▶ [ACTION ITEM] From the data below, repeat exactly the lines from the line with "(update_or_stop, gone) tt" to the line with "write_snapshot-IsInStep cfg as_of", both included.

:::

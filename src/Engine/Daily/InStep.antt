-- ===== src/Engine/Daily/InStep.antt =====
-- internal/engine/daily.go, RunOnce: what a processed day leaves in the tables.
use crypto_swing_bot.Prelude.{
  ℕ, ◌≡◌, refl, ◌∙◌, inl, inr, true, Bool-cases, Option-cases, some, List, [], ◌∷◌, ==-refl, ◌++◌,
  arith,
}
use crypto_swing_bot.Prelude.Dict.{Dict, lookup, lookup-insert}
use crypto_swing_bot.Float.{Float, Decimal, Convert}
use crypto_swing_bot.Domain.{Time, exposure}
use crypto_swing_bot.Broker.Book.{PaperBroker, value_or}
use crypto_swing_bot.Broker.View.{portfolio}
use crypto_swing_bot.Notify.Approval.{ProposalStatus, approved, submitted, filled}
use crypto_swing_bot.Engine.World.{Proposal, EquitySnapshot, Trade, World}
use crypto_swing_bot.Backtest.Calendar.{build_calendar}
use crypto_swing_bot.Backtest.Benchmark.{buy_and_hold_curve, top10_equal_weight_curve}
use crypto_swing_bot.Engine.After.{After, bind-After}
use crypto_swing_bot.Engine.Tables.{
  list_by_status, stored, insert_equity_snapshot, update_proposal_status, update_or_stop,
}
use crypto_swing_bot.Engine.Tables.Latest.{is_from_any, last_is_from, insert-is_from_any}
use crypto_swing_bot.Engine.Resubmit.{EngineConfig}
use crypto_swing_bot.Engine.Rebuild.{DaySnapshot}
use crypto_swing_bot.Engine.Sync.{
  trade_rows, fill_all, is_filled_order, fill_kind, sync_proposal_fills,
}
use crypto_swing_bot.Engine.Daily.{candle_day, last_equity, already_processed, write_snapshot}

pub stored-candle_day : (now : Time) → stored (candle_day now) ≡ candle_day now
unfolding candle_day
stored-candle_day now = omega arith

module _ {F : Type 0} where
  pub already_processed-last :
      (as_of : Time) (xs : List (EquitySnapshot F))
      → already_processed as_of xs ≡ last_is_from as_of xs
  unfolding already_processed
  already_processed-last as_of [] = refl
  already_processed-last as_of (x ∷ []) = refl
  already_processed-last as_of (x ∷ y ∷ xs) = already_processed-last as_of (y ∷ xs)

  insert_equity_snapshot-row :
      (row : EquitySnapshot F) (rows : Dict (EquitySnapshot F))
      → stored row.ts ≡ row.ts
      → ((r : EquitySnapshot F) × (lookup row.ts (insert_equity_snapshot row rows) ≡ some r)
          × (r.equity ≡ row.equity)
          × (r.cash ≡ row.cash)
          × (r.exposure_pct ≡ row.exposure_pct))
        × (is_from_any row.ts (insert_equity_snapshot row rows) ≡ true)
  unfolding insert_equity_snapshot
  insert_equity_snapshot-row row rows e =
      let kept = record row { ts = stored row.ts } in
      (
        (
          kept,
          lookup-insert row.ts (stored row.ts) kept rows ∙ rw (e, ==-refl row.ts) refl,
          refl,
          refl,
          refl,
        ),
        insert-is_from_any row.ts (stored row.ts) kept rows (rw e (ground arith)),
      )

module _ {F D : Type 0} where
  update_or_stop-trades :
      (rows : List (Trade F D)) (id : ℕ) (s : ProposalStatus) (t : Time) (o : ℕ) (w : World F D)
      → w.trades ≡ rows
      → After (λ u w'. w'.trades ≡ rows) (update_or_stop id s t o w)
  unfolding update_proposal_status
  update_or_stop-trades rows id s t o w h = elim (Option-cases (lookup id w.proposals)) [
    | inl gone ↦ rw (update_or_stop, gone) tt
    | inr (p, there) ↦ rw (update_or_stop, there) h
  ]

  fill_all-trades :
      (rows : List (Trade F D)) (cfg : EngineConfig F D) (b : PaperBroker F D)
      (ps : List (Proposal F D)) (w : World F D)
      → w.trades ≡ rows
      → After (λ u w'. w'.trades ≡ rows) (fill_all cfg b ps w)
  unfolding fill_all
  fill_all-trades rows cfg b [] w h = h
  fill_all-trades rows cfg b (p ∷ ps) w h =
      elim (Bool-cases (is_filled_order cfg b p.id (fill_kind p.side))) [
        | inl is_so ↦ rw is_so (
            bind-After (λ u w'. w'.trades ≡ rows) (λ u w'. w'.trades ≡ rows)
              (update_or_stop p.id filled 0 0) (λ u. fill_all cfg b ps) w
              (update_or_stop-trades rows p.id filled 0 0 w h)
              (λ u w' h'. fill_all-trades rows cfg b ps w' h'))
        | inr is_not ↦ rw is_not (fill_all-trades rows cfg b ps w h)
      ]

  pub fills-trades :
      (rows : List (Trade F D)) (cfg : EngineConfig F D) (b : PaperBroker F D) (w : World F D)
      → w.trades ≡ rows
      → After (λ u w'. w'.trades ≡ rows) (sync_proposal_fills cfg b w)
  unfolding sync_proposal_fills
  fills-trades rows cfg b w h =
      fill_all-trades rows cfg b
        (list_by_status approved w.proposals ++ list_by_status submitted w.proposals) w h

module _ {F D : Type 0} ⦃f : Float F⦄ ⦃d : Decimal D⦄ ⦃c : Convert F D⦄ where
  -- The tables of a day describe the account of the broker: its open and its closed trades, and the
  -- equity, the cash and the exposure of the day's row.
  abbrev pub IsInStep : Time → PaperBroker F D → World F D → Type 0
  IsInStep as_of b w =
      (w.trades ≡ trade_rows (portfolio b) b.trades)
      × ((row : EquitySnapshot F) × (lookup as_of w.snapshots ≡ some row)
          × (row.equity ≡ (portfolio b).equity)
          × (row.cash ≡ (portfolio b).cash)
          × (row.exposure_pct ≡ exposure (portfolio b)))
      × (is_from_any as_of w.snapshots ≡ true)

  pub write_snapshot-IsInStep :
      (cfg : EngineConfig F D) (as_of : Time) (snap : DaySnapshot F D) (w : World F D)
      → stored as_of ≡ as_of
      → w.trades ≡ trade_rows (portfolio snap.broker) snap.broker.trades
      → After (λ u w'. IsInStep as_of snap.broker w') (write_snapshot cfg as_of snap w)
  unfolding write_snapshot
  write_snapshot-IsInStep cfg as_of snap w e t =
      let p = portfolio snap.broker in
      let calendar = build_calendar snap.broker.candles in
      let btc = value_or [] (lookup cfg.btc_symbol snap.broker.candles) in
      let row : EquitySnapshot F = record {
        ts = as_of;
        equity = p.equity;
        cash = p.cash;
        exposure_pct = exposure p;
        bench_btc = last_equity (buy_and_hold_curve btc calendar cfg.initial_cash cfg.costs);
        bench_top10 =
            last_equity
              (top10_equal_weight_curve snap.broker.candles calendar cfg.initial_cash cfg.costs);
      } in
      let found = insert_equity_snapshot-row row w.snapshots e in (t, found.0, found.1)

:::

▶ [OUTPUT FOR THIS TASK]
    | inl gone ↦ rw (update_or_stop, gone) tt
    | inr (p, there) ↦ rw (update_or_stop, there) h
  ]

  fill_all-trades :
      (rows : List (Trade F D)) (cfg : EngineConfig F D) (b : PaperBroker F D)
      (ps : List (Proposal F D)) (w : World F D)
      → w.trades ≡ rows
      → After (λ u w'. w'.trades ≡ rows) (fill_all cfg b ps w)
  unfolding fill_all
  fill_all-trades rows cfg b [] w h = h
  fill_all-trades rows cfg b (p ∷ ps) w h =
      elim (Bool-cases (is_filled_order cfg b p.id (fill_kind p.side))) [
        | inl is_so ↦ rw is_so (
            bind-After (λ u w'. w'.trades ≡ rows) (λ u w'. w'.trades ≡ rows)
              (update_or_stop p.id filled 0 0) (λ u. fill_all cfg b ps) w
              (update_or_stop-trades rows p.id filled 0 0 w h)
              (λ u w' h'. fill_all-trades rows cfg b ps w' h'))
        | inr is_not ↦ rw is_not (fill_all-trades rows cfg b ps w h)
      ]

  pub fills-trades :
      (rows : List (Trade F D)) (cfg : EngineConfig F D) (b : PaperBroker F D) (w : World F D)
      → w.trades ≡ rows
      → After (λ u w'. w'.trades ≡ rows) (sync_proposal_fills cfg b w)
  unfolding sync_proposal_fills
  fills-trades rows cfg b w h =
      fill_all-trades rows cfg b
        (list_by_status approved w.proposals ++ list_by_status submitted w.proposals) w h

module _ {F D : Type 0} ⦃f : Float F⦄ ⦃d : Decimal D⦄ ⦃c : Convert F D⦄ where
  -- The tables of a day describe the account of the broker: its open and its closed trades, and the
  -- equity, the cash and the exposure of the day's row.
  abbrev pub IsInStep : Time → PaperBroker F D → World F D → Type 0
  IsInStep as_of b w =
      (w.trades ≡ trade_rows (portfolio b) b.trades)
      × ((row : EquitySnapshot F) × (lookup as_of w.snapshots ≡ some row)
          × (row.equity ≡ (portfolio b).equity)
          × (row.cash ≡ (portfolio b).cash)
          × (row.exposure_pct ≡ exposure (portfolio b)))
      × (is_from_any as_of w.snapshots ≡ true)

  pub write_snapshot-IsInStep :
      (cfg : EngineConfig F D) (as_of : Time) (snap : DaySnapshot F D) (w : World F D)
      → stored as_of ≡ as_of
      → w.trades ≡ trade_rows (portfolio snap.broker) snap.broker.trades
      → After (λ u w'. IsInStep as_of snap.broker w') (write_snapshot cfg as_of snap w)
  unfolding write_snapshot
  write_snapshot-IsInStep cfg as_of snap w e t =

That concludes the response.